刚刚告一段落的这次国际金融危机,从爆发到蔓延,再到触底反弹并逐步呈现复苏态势,始终是与财税政策的积极实践绑在一起的。在我国,积极财政政策不仅是反危机的“主攻手”,而且通过收支“两翼并举”的全方位扩张操作,淋漓尽致地展现了它的特殊功效。在全球范围内,各国政府所推出的一系列旨在应对危机的“经济振兴”或“经济刺激”举措,尽管覆盖了方方面面的内容,但其中的主体部分,都可归于财税政策的范畴。正是凭借着以扩张性财税政策为主要内容的国际联合行动,才使得这场前所未有的危机得以在如此短的时间内发生重大变化,从而共享经济回升向好的成果。时至今日,面对尚不确定的全球经济复苏进程,围绕有关所谓刺激政策退出时机、节奏、方式等问题的国际协调,也仍然是以财税政策为核心内容...
作为我国经济社会发展进程中的一个重要时期,“十二五”所面临的形势之严峻,所承载的使命之沉重,注定了它要在中华民族走向复兴的历史上写下浓重的一笔。作为其中的一个重要脉络,财税改革的角色十分特殊和重要。
“十二五”财税改革面临新形势
要厘清“十二五”时期的财税改革内容,必须要把握和揭示财税改革面临的新形势、新变化、新特点和新课题。
刚刚告一段落的这次国际金融危机,从爆发到蔓延,再到触底反弹并逐步呈现复苏态势,始终是与财税政策的积极实践绑在一起的。在我国,积极财政政策不仅是反危机的“主攻手”,而且通过收支“两翼并举”的全方位扩张操作,淋漓尽致地展现了它的特殊功效。在全球范围内,各国政府所推出的一系列旨在应对危机的“经济振兴”或“经济刺激”举措,尽管覆盖了方方面面的内容,但其中的主体部分,都可归于财税政策的范畴。正是凭借着以扩张性财税政策为主要内容的国际联合行动,才使得这场前所未有的危机得以在如此短的时间内发生重大变化,从而共享经济回升向好的成果。时至今日,面对尚不确定的全球经济复苏进程,围绕有关所谓刺激政策退出时机、节奏、方式等问题的国际协调,也仍然是以财税政策为核心内容的。可以说,这轮危机在把财税政策推至宏观调控前沿地带的同时,也让人们对财税政策的作用刮目相看,从而大大提升了财税政策在现实经济社会生活中的定位。

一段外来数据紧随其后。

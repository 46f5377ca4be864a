-- ===== src/Multisig/Steps.antt =====
-- Histories of the multisig of multisig.rs: any calls, by anyone, in any order.
use grainlify_stellar_contra.Base.{ℕ, ◌≡◌, Option, List}
use grainlify_stellar_contra.Base.Host.{Address, Env, ok}
use grainlify_stellar_contra.Multisig.State.{State, ProposalAction, Call}
use grainlify_stellar_contra.Multisig.Operations.{
  init, propose, approve, execute, remove_signer, add_signer, rotate_signers,
}
use grainlify_stellar_contra.Multisig.Effects.{Keeps}

-- One call that succeeds.
pub data Step (s s' : State) : Type 0 where
  initialise : (e : Env) (as_ : List Address) (n : ℕ) → init as_ n e s ≡ ok (tt, s') → Step s s'
  proposes :
      (e : Env) (a : Address) (act : ProposalAction) (id : ℕ)
      → propose a act e s ≡ ok (id, s')
      → Step s s'
  approves : (e : Env) (id : ℕ) (a : Address) → approve id a e s ≡ ok (tt, s') → Step s s'
  executes :
      (e : Env) (id : ℕ) (act : ProposalAction) (n : ℕ) (run : Call (Unit {0}))
      → Keeps e run
      → execute id act n run e s ≡ ok (tt, s')
      → Step s s'
  removes : (e : Env) (a b : Address) → remove_signer a b e s ≡ ok (tt, s') → Step s s'
  adds : (e : Env) (a b : Address) → add_signer a b e s ≡ ok (tt, s') → Step s s'
  rotates :
      (e : Env) (a : Address) (add remove : List Address) (n : Option ℕ)
      → rotate_signers a add remove n e s ≡ ok (tt, s')
      → Step s s'

pub data Steps (s : State) : State → Type 0 where
  stay : Steps s s
  next : {t u : State} → Steps s t → Step t u → Steps s u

当前的国内外经济社会形势,带有典型的“后金融危机”时代特征。经过了这轮前所未有的国际金融危机的洗礼之后,无论是中国,还是整个世界,都发生了一系列极其深刻的变化。这些变化,固然可以从不同的角度加以归结,甚至可以拉出一个长长的清单。但是,立足于宏观层面并以挑战现行财税体制机制作为筛选的标尺,如下的四个方面变化,可能必须首先面对。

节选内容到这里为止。